Advanced clay-based geopolymer: influence of structural and material parameters on its performance and applications

Abstract

Clay-based geopolymer material cement is an intriguing alternative to traditional Portland cement when looking for ecologically friendly and sustainable building materials. This material blends cutting-edge geopolymerization technologies with abundantly available clay to produce a variety of advantages, including enhanced mechanical properties and reduced carbon emissions. As the need for green building solutions grows, clay-based geopolymer cement stands out because of its superior structural performance, durability, and resistance to extreme environmental conditions. In this study, we present a complete examination of the curing conditions, structural features, and diverse applications of geopolymers, emphasizing the essential elements that determine their strength and performance. We investigated the effect of curing temperature and duration, demonstrating that favorable curing temperatures (such as 60–80 °C) can increase the strength of geopolymers, whereas excessive curing temperatures can degrade their long-term structural integrity.
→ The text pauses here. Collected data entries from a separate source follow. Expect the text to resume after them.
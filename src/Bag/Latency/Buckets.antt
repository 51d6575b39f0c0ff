-- ===== src/Bag/Latency/Buckets.antt =====
-- Which bucket a latency falls in, and what a percentile reports.
use mrp_robo_baton_4p_no_ros.Base.{
  ℕ, zero, suc, ◌+◌, ◌-◌, ◌*◌, ◌/◌, ◌%◌, ◌^◌, ◌≤◌, ◌<◌, ◌≡◌, refl, ap, ◌⊎◌, inl, inr, List, [], ◌∷◌,
  ◌&&◌, arith, Bool-cases, ltb, length, min, take, sum,
}
use native.Mathlib.Numerals.{add-one}
use native.Mathlib.Decide.{dec_le}
use native.Mathlib.Nat.{add-zero, zero-add, pow-suc, pow-le-pow_right}
use mrp_robo_baton_4p_no_ros.Bag.Latency.{
  LatencyStats, saturating_add_exact, double_bound, bucket_index_loop, latency_bucket_index,
  upper_bound_loop, latency_bucket_upper_bound_ns, percentile_loop, latency_percentile_upper_ns,
  latency_bucket_count,
}

-- A power of two is positive, so a product with one is not smaller.
le-mul-pow : (b n : ℕ) → b ≤ b * 2 ^ n
le-mul-pow b zero = omega arith
le-mul-pow b (suc n) = omega (arith, le-mul-pow b n, ap (λ t. b * t) (pow-suc 2 n))

double-mul-pow : (b n : ℕ) → b * 2 * 2 ^ n ≡ b * 2 ^ suc n
double-mul-pow b n = omega (arith, ap (λ t. b * t) (pow-suc 2 n))

-- The saturation of the doubling is never met.
upper_bound_loop_lem :
    (rounds b : ℕ) → b * 2 ^ rounds < 2 ^ 63 → upper_bound_loop rounds b ≡ b * 2 ^ rounds
unfolding upper_bound_loop double_bound
upper_bound_loop_lem zero b h = omega arith
upper_bound_loop_lem (suc n) b h =
    ground (arith, upper_bound_loop_lem n (b * 2), le-mul-pow (b * 2) n, double-mul-pow b n)

index_pow : (i : ℕ) → i < 32 → 1000 * 2 ^ i < 2 ^ 63
index_pow i h = omega (arith, pow-le-pow_right {n = 2} (omega arith) {i = i} {j = 31} (omega arith))

-- The bounds of the 32 buckets are 1000 nanoseconds times the powers of two.
pub latency_bucket_upper_bound_ns_lem :
    (i : ℕ) → i < 32 → latency_bucket_upper_bound_ns i ≡ 1000 * 2 ^ i
unfolding latency_bucket_upper_bound_ns
latency_bucket_upper_bound_ns_lem i h = upper_bound_loop_lem i 1000 (index_pow i h)

-- The bucket of a latency: the first whose bound is not below it, and the last where none is.
abbrev pub IsBucket : ℕ → ℕ → Type 0
IsBucket latency i =
    (i < 32) × ((latency ≤ 1000 * 2 ^ i) ⊎ (i ≡ 31)) × ((i ≡ 0) ⊎ (1000 * 2 ^ (i - 1) < latency))

double_bound_pow : (i : ℕ) → i < 31 → double_bound (1000 * 2 ^ i) ≡ 1000 * 2 ^ (i + 1)
unfolding double_bound
double_bound_pow i h = ground (
  arith,
  index_pow (suc i),
  double-mul-pow 1000 i,
  ap (λ t. 1000 * t) (pow-suc 2 i),
  ap (λ (k : ℕ). 2 ^ k) (add-one i),
)

bucket_index_loop_lem :
    (fuel latency i : ℕ)
    → fuel + i ≡ 32
    → i < 32
    → (i ≡ 0) ⊎ (1000 * 2 ^ (i - 1) < latency)
    → IsBucket latency (bucket_index_loop fuel latency (1000 * 2 ^ i) i)
unfolding bucket_index_loop
bucket_index_loop_lem zero latency i f h b = absurd (omega arith)
bucket_index_loop_lem (suc fuel) latency i f h b =
    elim (Bool-cases (ltb (1000 * 2 ^ i) latency && ltb (i + 1) latency_bucket_count)) [
      | inl more ↦
          rw (more, double_bound_pow i (ground arith))
            (bucket_index_loop_lem fuel latency (i + 1) (omega arith) (ground arith)
              (inr (let e : i + 1 - 1 ≡ i = omega arith in rw e (ground arith))))
      | inr done ↦ rw done (h, ground arith, b)
    ]

-- The loop finds the one bucket of a latency: the first whose bound is not below it, or the last.
pub latency_bucket_index-IsBucket : (latency : ℕ) → IsBucket latency (latency_bucket_index latency)
unfolding latency_bucket_index
latency_bucket_index-IsBucket latency =
    bucket_index_loop_lem 32 latency 0 (omega arith) (omega arith) (inl refl)

-- The first bucket at which the running total reaches the rank.
abbrev pub IsPercentile : List ℕ → ℕ → ℕ → ℕ → Type 0
IsPercentile buckets rank cumulative k =
    (rank ≤ cumulative + sum (take (suc k) buckets))
    × ((rank ≡ 0) ⊎ (cumulative + sum (take k buckets) < rank))

next_index : (i k : ℕ) → i + 1 + k ≡ i + suc k
next_index i k = omega arith

percentile_loop_lem :
    (b : ℕ) (bs : List ℕ) (i cumulative rank max_ns : ℕ)
    → i + suc (length bs) ≤ 32
    → cumulative + sum (b ∷ bs) < 2 ^ 64
    → rank ≤ cumulative + sum (b ∷ bs)
    → (rank ≡ 0) ⊎ (cumulative < rank)
    → (k : ℕ) × (k ≤ length bs)
      × (percentile_loop (b ∷ bs) i cumulative rank max_ns ≡ 1000 * 2 ^ (i + k))
      × IsPercentile (b ∷ bs) rank cumulative k
unfolding percentile_loop
percentile_loop_lem b [] i cumulative rank max_ns len small le low = (
  0,
  omega arith,
  ground
      (arith, saturating_add_exact cumulative b, latency_bucket_upper_bound_ns_lem i, add-zero i),
  (omega arith, ground (arith)),
)
percentile_loop_lem b (c ∷ bs) i cumulative rank max_ns len small le low =
    elim (dec_le rank (cumulative + b)) [
      | yes stop ↦ (
        0,
        omega arith,
        ground (
          arith,
          saturating_add_exact cumulative b,
          latency_bucket_upper_bound_ns_lem i,
          add-zero i,
        ),
        (omega arith, ground arith),
      )
      | no go ↦
          let (k, k_le, eq, found) =
            percentile_loop_lem c bs (i + 1) (cumulative + b) rank max_ns (omega arith)
              (omega arith) (omega arith) (inr (omega arith)) in
          (
            suc k,
            omega arith,
            rw (saturating_add_exact cumulative b (omega arith))
                (ground (arith, eq, ap (λ (n : ℕ). 1000 * 2 ^ n) (next_index i k))),
            (omega (arith, found), ground (arith, found)),
          )
    ]

-- The statistics of at most 2^57 latencies: the buckets hold them all.
pub record IsStats (s : LatencyStats) : Type 0 where
  pub width : length s.buckets ≡ 32
  pub counted : sum s.buckets ≡ s.count

-- The rank of a percentile among `count` values, rounded up.
abbrev pub rank_of : ℕ → ℕ → ℕ
rank_of count percentile = (count * min percentile 100 + 99) / 100

product-le : (count m : ℕ) → m ≤ 100 → count * m ≤ count * 100
product-le count m h = grind arith

rank_exact :
    (count percentile : ℕ)
    → count < 2 ^ 57
    → ((count * min percentile 100 + 99) % 2 ^ 64 / 100 ≡ rank_of count percentile)
      × (rank_of count percentile ≤ count)
rank_exact count percentile h =
    let le = product-le count (min percentile 100) (omega arith) in (omega arith, omega arith)

IsPercentile-exists :
    (buckets : List ℕ) (count rank max_ns : ℕ)
    → length buckets ≡ 32
    → sum buckets ≡ count
    → count < 2 ^ 57
    → rank ≤ count
    → (k : ℕ) × (k < 32)
      × (percentile_loop buckets 0 0 rank max_ns ≡ 1000 * 2 ^ k)
      × IsPercentile buckets rank 0 k
IsPercentile-exists [] count rank max_ns w c h r = absurd (omega arith)
IsPercentile-exists (b ∷ bs) count rank max_ns w c h r =
    let (k, k_le, eq, found) =
      percentile_loop_lem b bs 0 0 rank max_ns (omega arith) (omega arith) (omega arith)
        (ground arith) in
    (k, omega arith, ground (arith, eq, ap (λ (n : ℕ). 1000 * 2 ^ n) (zero-add k)), found)

-- For statistics whose buckets add up to a count of 1 to 2^57 - 1, the reported percentile is the bound of the first bucket at which the running count reaches the
-- rank; the loop never falls through to `max_ns`.
pub latency_percentile_upper_ns_lem :
    (s : LatencyStats) (percentile : ℕ)
    → IsStats s
    → 0 < s.count
    → s.count < 2 ^ 57
    → (k : ℕ) × (k < 32)
      × (latency_percentile_upper_ns s percentile ≡ 1000 * 2 ^ k)
      × IsPercentile s.buckets (rank_of s.count percentile) 0 k
unfolding latency_percentile_upper_ns
latency_percentile_upper_ns_lem s percentile v p h =
    let (exact, le) = rank_exact s.count percentile h in
    let (k, k_lt, eq, found) =
      IsPercentile-exists s.buckets s.count (rank_of s.count percentile) s.max_ns v.width v.counted
        h le in
    (k, k_lt, rw exact (ground (arith, eq)), found)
Pre-curing treatments, such as heat and moisture management, were also investigated for their capacity to improve the microstructural density and minimize the porosity. In addition, we investigated improved curing procedures such as autoclave and steam-saturated methods, which provide higher mechanical qualities, especially in terms of compressive strength. Herein, we discussed a variety of applications, including high-performance composites in aerospace and construction and environmental remediation employing the capacity of geopolymers to immobilize dangerous compounds. Finally, we addressed the promise of geopolymers in future sectors, such as infrastructure repair, environmentally friendly systems, and applications in medicine, emphasizing their long-term viability and versatility in current materials science.